As computing power and sophistication increases, what new directions do you expect artificial societies to be taken in?
I think one of the exciting things about writing about this is that the sky's really the limit here. Many new social science ideas are applicable in one or maybe two fields. This is a kind of thinking that is applicable in almost any field that studies any aspect of human society. It's just a question of imagination, figuring out how many ways you can apply it. Just in the course of this conversation, because of a question you asked, I thought, Katie has kind of a great idea there. Why not model an actual Rwandan genocide, instead of what Epstein does in the model in my article, where people want to kill each other and police are stopping them. Turn it upside down: People don't want to kill each other, but police are forcing them. Then see how much effort it actually takes on the part of the government to create a genocide. Then we might actually learn something about Rwanda. And that's just from our brief conversation.
Do you think about the world in a different way now that you've delved into this field? And if so, how has it changed your world view?

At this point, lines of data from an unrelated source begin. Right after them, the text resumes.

-- ===== src/MemPool/Fill.antt =====
-- The loops of mem_pool.c that put the blocks of a piece of memory onto the stack.
use freertos_addons.Prelude.{
  ℕ, zero, suc, ◌+◌, ◌*◌, ◌≤◌, ◌<◌, ◌≡◌, ◌≢◌, refl, ◌⊎◌, inl, inr, true, false, List, [], ◌∷◌,
  arith, length, has, ◌==◌, int_max, Bool-cases, leb, ◌-◌,
}
use mathlib.Core.Path.{subst}
use freertos_addons.Machine.{ok}
use freertos_addons.Memory.{Ptr, null, Mem}
use freertos_addons.Slist.Chain.{IsFree}
use freertos_addons.Stack.{head_of}
use freertos_addons.Stack.Lifo.{IsStack, push_on_stack-LeavesStack}
use freertos_addons.Stack.Runs.{IsMapped, IsMapped-kept}
use freertos_addons.World.{World}
use freertos_addons.MemPool.{push_blocks, push_static}

-- The stack `xs` after `n` blocks of `size` bytes from `ptr` on, the last one on top.
abbrev pub stacked : (n ptr size : ℕ) → List Ptr → List Ptr
stacked zero ptr size xs = xs
stacked (suc n) ptr size xs = stacked n (ptr + size) size (ptr ∷ xs)

-- Every block stands at its place, at a multiple of the size from the first.
pub has-stacked :
    (n ptr size a : ℕ) (xs : List Ptr)
    → has a (stacked n ptr size xs) ≡ true
    → ((i : ℕ) × (i < n) × (a ≡ ptr + i * size)) ⊎ (has a xs ≡ true)
has-stacked zero ptr size a xs h = inr h
has-stacked (suc n) ptr size a xs h = elim (has-stacked n (ptr + size) size a (ptr ∷ xs) h) [
  | inl (i, lt, e) ↦ inl (suc i, omega arith, omega arith)
  | inr there ↦ elim (Bool-cases (a == ptr)) [
    | inl here ↦ inl (0, omega arith, ground arith)
    | inr other ↦ inr (ground arith)
  ]
]

pub length-stacked :
    (n ptr size : ℕ) (xs : List Ptr) → length (stacked n ptr size xs) ≡ n + length xs
length-stacked zero ptr size xs = omega arith
length-stacked (suc n) ptr size xs = omega (arith, length-stacked n (ptr + size) size (ptr ∷ xs))

-- What the loops need: memory for the header of each of `n` blocks from `ptr` on, which are not on
-- the stack.
pub record CanFill (m : Mem) (stack ptr size n : ℕ) (xs : List Ptr) : Type 0 where
  pub holds : IsStack m stack xs
  pub positive : 0 < size
  pub ne_null : ptr ≢ null
  pub apart : (i : ℕ) → i < n → has (ptr + i * size) (head_of stack ∷ xs) ≡ false
  pub mapped : (i : ℕ) → i < n → IsMapped m (ptr + i * size)
  pub counts : length xs + n ≤ int_max

pub fill_free :
    (m : Mem) (stack ptr size n : ℕ) (xs : List Ptr)
    → CanFill m stack ptr size (suc n) xs
    → IsFree m (head_of stack ∷ xs) ptr
fill_free m stack ptr size n xs can =
    let first : IsMapped m ptr = subst (IsMapped m) (omega arith) (can.mapped 0 (omega arith)) in
    record {
      ne_null = can.ne_null;
      outside =
          subst (λ a. has a (head_of stack ∷ xs) ≡ false) (omega arith) (can.apart 0 (omega arith));
      old = first.0;
      mapped = first.1;
    }

pub fill_next :
    (m : Mem) (stack ptr size n : ℕ) (xs : List Ptr)
    → CanFill m stack ptr size (suc n) xs
    → (m' : Mem) → IsStack m' stack (ptr ∷ xs)
    → ((a : Ptr) → IsMapped m a → IsMapped m' a)
    → CanFill m' stack (ptr + size) size n (ptr ∷ xs)
fill_next m stack ptr size n xs can m' holds kept = record {
  holds = holds;
  positive = can.positive;
  ne_null = λ e. can.ne_null (omega arith);
  apart = λ i lt.
      let old : has (ptr + size + i * size) (head_of stack ∷ xs) ≡ false =
        subst (λ a. has a (head_of stack ∷ xs) ≡ false) (omega arith)
          (can.apart (suc i) (omega arith)) in
      let other : (ptr + size + i * size == ptr) ≡ false = ground (arith, can.positive) in
      ground arith;
  mapped = λ i lt.
      let at = can.mapped (suc i) (omega arith) in
      kept (ptr + size + i * size) (subst (IsMapped m) (omega arith) at);
  counts = omega (arith, can.counts);
}

-- The loop of CreateMemoryPool puts every block on the stack.
pub push_blocks_lem :
    {K : Type 0} (n : ℕ) (w : World K) (stack ptr size : ℕ) (xs : List Ptr)
    → CanFill w.mem stack ptr size n xs
    → (m' : Mem) × (push_blocks n stack ptr size w ≡ ok tt (record w { mem = m' }))
      × IsStack m' stack (stacked n ptr size xs)
unfolding push_blocks
push_blocks_lem zero w stack ptr size xs can = (w.mem, refl, can.holds)
push_blocks_lem (suc n) w stack ptr size xs can =
    let pushed =
      push_on_stack-LeavesStack w.mem stack xs ptr can.holds
        (fill_free w.mem stack ptr size n xs can) (omega (arith, can.counts)) in
    let kept = IsMapped-kept stack _ _ pushed.only pushed.holds.chain (λ a i. ground arith) in
    let next = fill_next w.mem stack ptr size n xs can pushed.after pushed.holds kept in
    let (m', ran, s) =
      push_blocks_lem n (record w { mem = pushed.after }) stack (ptr + size) size (ptr ∷ xs) next in
    (m', rw pushed.runs ran, s)

-- The loop of CreateMemoryPoolStatic ends, in one round more than there is room for blocks, and
-- puts as many blocks on the stack as fit.
pub push_static_lem :
    {K : Type 0} (n fuel left : ℕ) (w : World K) (stack ptr size : ℕ) (xs : List Ptr)
    → CanFill w.mem stack ptr size n xs
    → n * size ≤ left
    → left < n * size + size
    → n < fuel
    → (m' : Mem) × (push_static fuel stack ptr left size w ≡ ok tt (record w { mem = m' }))
      × IsStack m' stack (stacked n ptr size xs)
unfolding push_static
push_static_lem n zero left w stack ptr size xs can room short enough = absurd (omega arith)
push_static_lem zero (suc fuel) left w stack ptr size xs can room short enough =
    let test : leb size left ≡ false = ground arith in (w.mem, rw test refl, can.holds)
push_static_lem (suc n) (suc fuel) left w stack ptr size xs can room short enough =
    let test : leb size left ≡ true = ground arith in
    let pushed =
      push_on_stack-LeavesStack w.mem stack xs ptr can.holds
        (fill_free w.mem stack ptr size n xs can) (omega (arith, can.counts)) in
    let kept = IsMapped-kept stack _ _ pushed.only pushed.holds.chain (λ a i. ground arith) in
    let next = fill_next w.mem stack ptr size n xs can pushed.after pushed.holds kept in
    let (m', ran, s) =
      push_static_lem n fuel (left - size) (record w { mem = pushed.after }) stack (ptr + size) size
        (ptr ∷ xs) next (omega arith) (omega arith) (omega arith) in
    (m', rw (test, pushed.runs) ran, s)

-- Blocks that are not the same do not overlap.
pub stacked_apart :
    (n ptr size a b : ℕ)
    → has a (stacked n ptr size []) ≡ true
    → has b (stacked n ptr size []) ≡ true
    → a < b
    → a + size ≤ b
stacked_apart n ptr size a b ha hb lt = elim (has-stacked n ptr size a [] ha) [
  | inl (i, _, ea) ↦ elim (has-stacked n ptr size b [] hb) [
    | inl (j, _, eb) ↦
        let less : i < j = grind arith in
        let room : i * size + size ≤ j * size = grind arith in omega arith
    | inr none ↦ cc
  ]
  | inr none ↦ cc
]

-- The blocks stand within `n * size` bytes from `ptr` on.
pub stacked_within :
    (n ptr size a : ℕ)
    → has a (stacked n ptr size []) ≡ true
    → (ptr ≤ a) × (a + size ≤ ptr + n * size)
stacked_within n ptr size a h = elim (has-stacked n ptr size a [] h) [
  | inl (i, lt, e) ↦
      let room : i * size + size ≤ n * size = grind arith in (omega arith, omega arith)
  | inr none ↦ cc
]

I've come to have much greater respect for the notion of society as an independent actor in human life. I've come to be much more suspicious of the notion that if I think I have good intuition about people, that I then have good intuitions about public policies and society. I have come to understand in a way I didn't before that it's possible at the same time for societies to be both more surprising and more orderly than I ever thought. To me a lot of what this kind of thinking has done is set out a third, unexplored continent between determinism and randomness, where in fact there are patterns in life and in society that we may now have a shot at finding. And to me, that's a real eye-opener.